Vinpocetine

Vinpocetine
Systematic (IUPAC) name
(3α,16α)-Eburnamenine-14-carboxylic acid ethyl ester
Clinical data
AHFS/Drugs.com International Drug Names
Pregnancy cat. not recommended
Legal status OTC
Routes oral, intravenous
Pharmacokinetic data
Bioavailability 56.6 +/- 8.9%
Metabolism hepatic
Half-life 2.54 +/- 0.48 hours
Excretion renal
Identifiers
CAS number 42971-09-5 N
ATC code N06BX18
PubChem CID 443955
ChemSpider 392007 Y
UNII 543512OBTC Y
KEGG D01371 Y
ChEMBL CHEMBL71752 Y
Chemical data
Formula C22H26N2O2 
Mol. mass 350.454 g/mol
SMILES eMolecules & PubChem
 N(what is this?)  (verify)

Vinpocetine (brand names: Cavinton, Intelectol; chemical name: ethyl apovincaminate) is a semisynthetic derivative alkaloid of vincamine (sometimes described as "a synthetic ethyl ester of apovincamine"),[1] an extract from the periwinkle plant.
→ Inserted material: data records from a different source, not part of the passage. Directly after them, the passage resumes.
-- ===== src/RunState/Ledger.antt =====
-- The commands of scripts/run-state.py as changes of an abstract ledger: the phases of a run, and
-- the status of each VM.
use Prim.Native.String.{String}
use mathlib.Core.Path.{fun_ext}
use pulsaros_testbed.Prelude.{
  apart, ◌≡◌, ◌≢◌, refl, sym, ◌∙◌, ap, ◌==◌, eq_iff, Option, some, ok, List, [], ◌∷◌, snoc, All,
  loop, >>=-elim, ok-injective, if◌then◌else◌, Bool-cases, inl, inr,
}
use pulsaros_testbed.Value.{Value, str, dict, end, field, Fields, field?}
use pulsaros_testbed.RunState.{
  World, Clock, SdnKind, at_key, within, change_sdn, cmd_sdn, ensure_state, phase_entry,
}
use pulsaros_testbed.RunState.Dispatch.{Command, phase, vm, sdn, sync_topology, execute}
use pulsaros_testbed.RunState.Nested.{vm_of, mapping_at, mapping_at-put_field, at_key-within}
use pulsaros_testbed.RunState.Guard.{listed, phases_of, saved-kept, cmd_phase-lem}
use pulsaros_testbed.RunState.Frame.{
  vm_of-same, at_key-lem, cmd_vm-lem, status-address, cmd_sdn-lem, cmd_sync_topology-lem,
}
use pulsaros_testbed.RunState.History.{HasRun, same_state, keeps-run}

-- What a reader of the state goes by.
pub record Ledger : Type 0 where
  pub phases : List Value
  pub status : String → Option Value

unfoldable pub ledger_of : Fields → Ledger
ledger_of state = record {
  phases = phases_of state;
  status = λ host. field? "status" (vm_of host state);
}

unfoldable pub apply : Ledger → Clock × Command → Ledger
apply l (clock, phase name status message) = record l {
  phases = snoc l.phases (dict (phase_entry name status clock.appended_at message));
}
apply l (clock, vm host status management_ip) = record l {
  status = λ other. if host == other then some (str status) else l.status other;
}
apply l (clock, sdn kind name status) = l
apply l (clock, sync_topology) = l

unfoldable pub replay : Ledger → List (Clock × Command) → Ledger
replay l [] = l
replay l (c ∷ cs) = replay (apply l c) cs

-- Two ledgers with the same phases and the same status of each VM are one.
same_ledger :
    (a b : Ledger) → a.phases ≡ b.phases → ((host : String) → a.status host ≡ b.status host) → a ≡ b
same_ledger a b p q = λ i. record { phases = p i; status = fun_ext q i }

-- `cmd_sdn` keeps the entries of the VMs.
cmd_sdn-vms :
    (clock : Clock) (w w' : World) (kind : SdnKind) (name status run_id : String)
    → cmd_sdn clock kind name status run_id w ≡ ok w'
    → (s : Fields) × (ensure_state clock w run_id ≡ ok s)
      × ((host : String) → vm_of host w'.state ≡ vm_of host s)
unfolding cmd_sdn
cmd_sdn-vms clock w w' kind name status run_id h =
    >>=-elim (ensure_state clock w run_id) _ h λ s q rest.
      let change =
        at_key "sdn" (field "zone" (str "") (field "vnets" (dict end) end))
          (change_sdn kind name status) in
      >>=-elim (at_key "resources" end (within change) s) _ rest λ done q' saved.
        let keeps = saved-kept clock w w' done (ok-injective saved) in
        let (g, changed, outer) = at_key-within "resources" s done change q' in
        let (g', inner) = at_key-lem clock w w' "sdn" _ _ (mapping_at "resources" s) g changed in
        (
          s,
          q,
          λ host.
              vm_of-same w'.state done host (keeps "resources" (λ e. cc))
              ∙ ap (mapping_at host) (
                  ap (mapping_at "vms") (
                    ap (mapping_at "resources") outer
                    ∙ mapping_at-put_field "resources" "resources" g s
                    ∙ inner)
                  ∙ mapping_at-put_field "sdn" "vms" g' (mapping_at "resources" s)),
        )

run_id-apart : All (λ (c : String). c ≢ "run_id") ("resources" ∷ "updated_at" ∷ [])
run_id-apart = (apart "resources" "run_id" refl, (apart "updated_at" "run_id" refl, tt))

phases-apart : All (λ (c : String). c ≢ "phases") ("resources" ∷ "updated_at" ∷ [])
phases-apart = (apart "resources" "phases" refl, (apart "updated_at" "phases" refl, tt))

phases-kept : (s t : Fields) → field? "phases" t ≡ field? "phases" s → phases_of t ≡ phases_of s
unfolding phases_of
phases-kept s t h = ap listed h

module _ (run_id : String) (w w' : World) (run : HasRun w) where
  execute-apply :
      (c : Clock × Command)
      → execute run_id w c ≡ ok w'
      → HasRun w' × (ledger_of w'.state ≡ apply (ledger_of w.state) c)
  unfolding execute ledger_of apply
  execute-apply (clock, phase name status message) h =
      let (s, read, grown, _, kept) = cmd_phase-lem clock name status message run_id w w' h in
      let same = same_state w w' run clock run_id s read in
      let entry : Value = dict (phase_entry name status clock.appended_at message) in
      (
        keeps-run w w' run clock run_id s read (
            kept "run_id" (
              apart "phase" "run_id" refl,
              (apart "phases" "run_id" refl, (apart "updated_at" "run_id" refl, tt)),
            )),
        same_ledger _ _ (grown ∙ ap (λ x. snoc (phases_of x) entry) same) λ host.
            ap (field? "status") (
              vm_of-same w'.state s host (
                kept "resources" (
                  apart "phase" "resources" refl,
                  (apart "phases" "resources" refl, (apart "updated_at" "resources" refl, tt)),
                ))
              ∙ ap (vm_of host) same),
      )
  execute-apply (clock, vm host status management_ip) h =
      let (s, read, mine, _, _, _, others, kept) =
        cmd_vm-lem clock w w' host status management_ip run_id h in
      let same = same_state w w' run clock run_id s read in
      (
        keeps-run w w' run clock run_id s read (kept "run_id" run_id-apart),
        same_ledger _ _ (phases-kept s w'.state (kept "phases" phases-apart) ∙ ap phases_of same)
            λ other. elim (Bool-cases (host == other)) [
              | inl here ↦
                  let at : host ≡ other = (eq_iff host other).0 here in
                  rw here (ap (λ x. field? "status" (vm_of x w'.state)) (sym at) ∙ mine)
              | inr there ↦ rw there (
                  ap (field? "status")
                    (others other (apart host other there) ∙ ap (vm_of other) same))
            ],
      )
  execute-apply (clock, sdn kind name status) h =
      let (s, read, kept) = cmd_sdn-lem clock w w' kind name status run_id h in
      let same = same_state w w' run clock run_id s read in
      let (s', read', vms) = cmd_sdn-vms clock w w' kind name status run_id h in
      let same' = same_state w w' run clock run_id s' read' in
      (
        keeps-run w w' run clock run_id s read (kept "run_id" run_id-apart),
        same_ledger _ _ (phases-kept s w'.state (kept "phases" phases-apart) ∙ ap phases_of same)
            (λ host. ap (field? "status") (vms host ∙ ap (vm_of host) same')),
      )
  execute-apply (clock, sync_topology) h =
      let (s, read, vms, kept) = cmd_sync_topology-lem clock w w' run_id h in
      let same = same_state w w' run clock run_id s read in
      (
        keeps-run w w' run clock run_id s read (kept "run_id" run_id-apart),
        same_ledger _ _ (phases-kept s w'.state (kept "phases" phases-apart) ∙ ap phases_of same)
            λ host.
              vms host "status" status-address ∙ ap (λ x. field? "status" (vm_of host x)) same,
      )

-- A sequence of `phase`, `vm`, `sdn` and `sync-topology` commands that succeeds from a state with
-- a run id changes the phases and the status of each VM as the abstract ledger does: a `phase`
-- adds its entry, a `vm` sets the status of its host, and the others change neither.
pub execute-refines :
    (run_id : String) (cs : List (Clock × Command)) (w w' : World)
    → HasRun w
    → loop (execute run_id) w cs ≡ ok w'
    → ledger_of w'.state ≡ replay (ledger_of w.state) cs
unfolding loop replay
execute-refines run_id [] w w' run h = ap (λ x. ledger_of x.state) (sym (ok-injective h))
execute-refines run_id (c ∷ cs) w w' run h = >>=-elim (execute run_id w c) _ h λ next q later.
    let (run', step) = execute-apply run_id w next run c q in
    execute-refines run_id cs next w' run' later ∙ ap (λ l. replay l cs) step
Vinpocetine is reported to have cerebral blood-flow enhancing[2] and neuroprotective effects,[3] and is used as a drug in Eastern Europe for the treatment of cerebrovascular disorders and age-related memory impairment.[4]

Vinpocetine is widely marketed as a supplement for vasodilation and as a nootropic for the improvement of memory. In other words, Vinpocetine may help support brain functions such as concentration and memory by activating cerebral metabolism. A small subset of users report uncomfortable, adverse reactions to vinpocetine. A low initial dosage is ordinarily recommended.
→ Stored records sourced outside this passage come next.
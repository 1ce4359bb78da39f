-- ===== src/RunState/Rendered.antt =====
-- `cmd_init` of scripts/run-state.py on a document of scripts/render-topology.py.
use Prim.Native.String.{String}
use pulsaros_testbed.Prelude.{
  [], ◌∷◌, true, Dict, get, ◌==◌, Option, none, some, ok, ◌≡◌, refl, ap, ◌∙◌, arith, Bool-cases,
  inl, inr,
}
use pulsaros_testbed.Value.{
  Value, int, str, items, list, dict, nil, cons, Fields, end, field, field?, get_or, get_field,
  put_field, has_field, as_dict, truthy, is_str,
}
use pulsaros_testbed.Render.Hosts.{Network, Host, Hosts}
use pulsaros_testbed.Render.Topology.{Qinq, Resolved}
use pulsaros_testbed.Render.Output.{dict_of, network_value, host_value, qinq_field, document_fields}
use pulsaros_testbed.RunState.Nested.{vm_of, mapping, mapping_at}
use pulsaros_testbed.RunState.{
  World, Clock, declared_vm, declared_vms, add_vnet, declared_vnets, declared_sdn,
  topology_resources, carried, carry_vms, previous_state, previous_vms, new_state, add_phase,
  appended, append_item, phase_entry, save_state, cmd_init,
}

-- The entries of the VMs of a document.
unfoldable pub vms_of : Hosts → Fields
unfolding dict_of
vms_of hosts = dict_of (λ h. declared_vm (host_value h)) hosts

declared_vms-document :
    (hosts : Hosts) → declared_vms (dict_of host_value hosts) ≡ ok (vms_of hosts)
unfolding declared_vms dict_of vms_of as_dict
declared_vms-document [] = refl
declared_vms-document ((name, h) ∷ hosts) = rw (declared_vms-document hosts) refl

-- The name of a VNet is a text, so it has a place in the state.
declared_vnets-document :
    (networks : Dict Network) (vnets : Fields)
    → (r : Fields) × (declared_vnets vnets (dict_of network_value networks) ≡ ok r)
unfolding declared_vnets dict_of network_value as_dict add_vnet get_or field?
declared_vnets-document [] vnets = (vnets, refl)
declared_vnets-document ((name, n) ∷ networks) vnets = declared_vnets-document networks _

qinq_from :
    (o : Option Qinq) (checks faults : Value)
    → (q : Fields) × (as_dict (
          get_or "qinq"
            (dict end)
            (qinq_field o (field "checks" checks (field "faults" faults end))))
        ≡ ok q)
unfolding as_dict get_or field? qinq_field
qinq_from none checks faults = (end, refl)
qinq_from (some q) checks faults = (_, refl)

qinq_at :
    (d : Resolved) → (q : Fields) × (as_dict (get_or "qinq" (dict end) (document_fields d)) ≡ ok q)
unfolding document_fields get_or field?
qinq_at d = qinq_from d.qinq (list (items d.checks)) (list (items d.faults))

networks_at :
    (d : Resolved)
    → as_dict (get_or "networks" (dict end) (document_fields d))
      ≡ ok (dict_of network_value d.networks)
unfolding document_fields get_or field? as_dict
networks_at d = refl

hosts_at :
    (d : Resolved)
    → as_dict (get_or "hosts" (dict end) (document_fields d)) ≡ ok (dict_of host_value d.hosts)
unfolding document_fields get_or field? as_dict
hosts_at d = refl

declared_sdn-document : (d : Resolved) → (r : Fields) × (declared_sdn (document_fields d) ≡ ok r)
unfolding declared_sdn
declared_sdn-document d =
    let (q, h) = qinq_at d in
    let (vnets, k) = declared_vnets-document d.networks end in
    elim (Bool-cases (is_str "qinq" (get_field "network_mode" (document_fields d)))) [
      | inl qinq ↦ (
        field "zone" (get_or "zone" (str "") q) (field "vnets" (dict vnets) end),
        rw (declared_sdn, qinq, h, networks_at d, k) refl,
      )
      | inr bridge ↦
          (field "zone" (str "") (field "vnets" (dict end) end), rw (declared_sdn, bridge) refl)
    ]

topology_resources-document :
    (d : Resolved)
    → (sdn : Fields) × (topology_resources (document_fields d)
        ≡ ok (field "vms" (dict (vms_of d.hosts)) (field "sdn" (dict sdn) end)))
unfolding topology_resources
topology_resources-document d =
    let (sdn, h) = declared_sdn-document d in
    (sdn, rw (topology_resources, hosts_at d, declared_vms-document d.hosts, h) refl)

-- Nothing is carried over from no state.
carry_vms-fresh : (hosts : Hosts) → carry_vms (dict end) (vms_of hosts) ≡ ok (vms_of hosts)
unfolding carry_vms vms_of dict_of carried has_field field? as_dict
carry_vms-fresh [] = refl
carry_vms-fresh ((name, h) ∷ hosts) = rw (carry_vms-fresh hosts) refl

vms_of-get :
    (name : String) (hosts : Hosts) (h : Host)
    → get name hosts ≡ some h
    → field? name (vms_of hosts) ≡ some (dict (declared_vm (host_value h)))
unfolding vms_of dict_of get field?
vms_of-get name [] h e = ground arith
vms_of-get name ((k, v) ∷ hosts) h e = elim (Bool-cases (k == name)) [
  | inl here ↦ let mine : v ≡ h = ground arith in rw (here, mine) refl
  | inr apart' ↦ rw apart' (vms_of-get name hosts h (ground arith))
]

-- The state of a run that has begun.
unfoldable begun : Clock → String → Resolved → Fields → Fields
begun clock phase d sdn = put_field "updated_at" (str clock.saved) (
    put_field "phases" (list (cons (dict (phase_entry phase "started" clock.appended_at "")) nil)) (
      new_state clock phase (document_fields d) end
        (field "vms" (dict (vms_of d.hosts)) (field "sdn" (dict sdn) end))))

not_empty : (d : Resolved) → truthy (dict (document_fields d)) ≡ true
unfolding truthy document_fields
not_empty d = refl

no_previous :
    (topology : Fields)
    → previous_vms (previous_state (record { topology = topology; state = end })) ≡ ok (dict end)
unfolding previous_vms previous_state truthy get_or field? as_dict
no_previous topology = refl

starts_anew :
    (topology : Fields) → previous_state (record { topology = topology; state = end }) ≡ end
unfolding previous_state truthy
starts_anew topology = refl

vms_at : (vms rest : Fields) → as_dict (get_field "vms" (field "vms" (dict vms) rest)) ≡ ok vms
unfolding as_dict get_field get_or field?
vms_at vms rest = refl

add_phase-begun :
    (clock : Clock) (phase : String) (d : Resolved) (sdn : Fields)
    → add_phase phase "started" clock.appended_at "" (
        new_state clock phase (document_fields d) end (
          put_field "vms"
            (dict (vms_of d.hosts))
            (field "vms" (dict (vms_of d.hosts)) (field "sdn" (dict sdn) end))))
      ≡ ok (
          put_field "phases"
            (list (cons (dict (phase_entry phase "started" clock.appended_at "")) nil))
            (new_state clock phase
              (document_fields d)
              end
              (field "vms" (dict (vms_of d.hosts)) (field "sdn" (dict sdn) end))))
unfolding add_phase new_state get_or field? appended append_item put_field
add_phase-begun clock phase d sdn = refl

cmd_init-begun :
    (clock : Clock) (phase : String) (d : Resolved) (sdn : Fields)
    → topology_resources (document_fields d)
      ≡ ok (field "vms" (dict (vms_of d.hosts)) (field "sdn" (dict sdn) end))
    → cmd_init clock phase (record { topology = document_fields d; state = end })
      ≡ ok record { topology = document_fields d; state = begun clock phase d sdn }
unfolding cmd_init save_state begun
cmd_init-begun clock phase d sdn h =
    let vms = vms_of d.hosts in
    rw
      (
        cmd_init,
        not_empty d,
        no_previous (document_fields d),
        h,
        vms_at vms (field "sdn" (dict sdn) end),
        carry_vms-fresh d.hosts,
        starts_anew (document_fields d),
        add_phase-begun clock phase d sdn,
      )
      refl

vm_of-begun :
    (clock : Clock) (phase : String) (d : Resolved) (sdn : Fields) (name : String)
    → vm_of name (begun clock phase d sdn) ≡ mapping_at name (vms_of d.hosts)
unfolding begun new_state put_field mapping_at field?
vm_of-begun clock phase d sdn name = refl

-- A document of `render` has the shape that `cmd_init` needs: without a state `cmd_init` succeeds
-- on it, and the new state declares each host of the document, with its VM id, VM name and address
-- as the fields "vmid", "name" and "management_ip", and the status "declared", and no other field.
pub cmd_init-document :
    (clock : Clock) (phase : String) (d : Resolved)
    → (w : World) × (cmd_init clock phase (record { topology = document_fields d; state = end })
        ≡ ok w)
      × ((name : String) (h : Host)
          → get name d.hosts ≡ some h
          → vm_of name w.state
            ≡ field "vmid" (int h.vmid) (
                field "name"
                  (str h.vm_name)
                  (field "management_ip" h.management_ip (field "status" (str "declared") end))))
unfolding mapping_at declared_vm host_value get_field get_or field?
cmd_init-document clock phase d =
    let (sdn, resources) = topology_resources-document d in
    (
      record { topology = document_fields d; state = begun clock phase d sdn },
      cmd_init-begun clock phase d sdn resources,
      λ name h found.
          vm_of-begun clock phase d sdn name ∙ ap mapping (vms_of-get name d.hosts h found),
    )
Vinpocetine has been identified as a potent anti-inflammatory agent that might have a potential role in the treatment of Parkinson's disease and Alzheimer’s disease.[5][6]

Contents

Controlled clinical trials

As of 2003 only three controlled clinical trials had tested "older adults with memory problems,"[7] and these studies had promising results,[7] in which a 2003 Cochrane review decided that the results were inconclusive.[8]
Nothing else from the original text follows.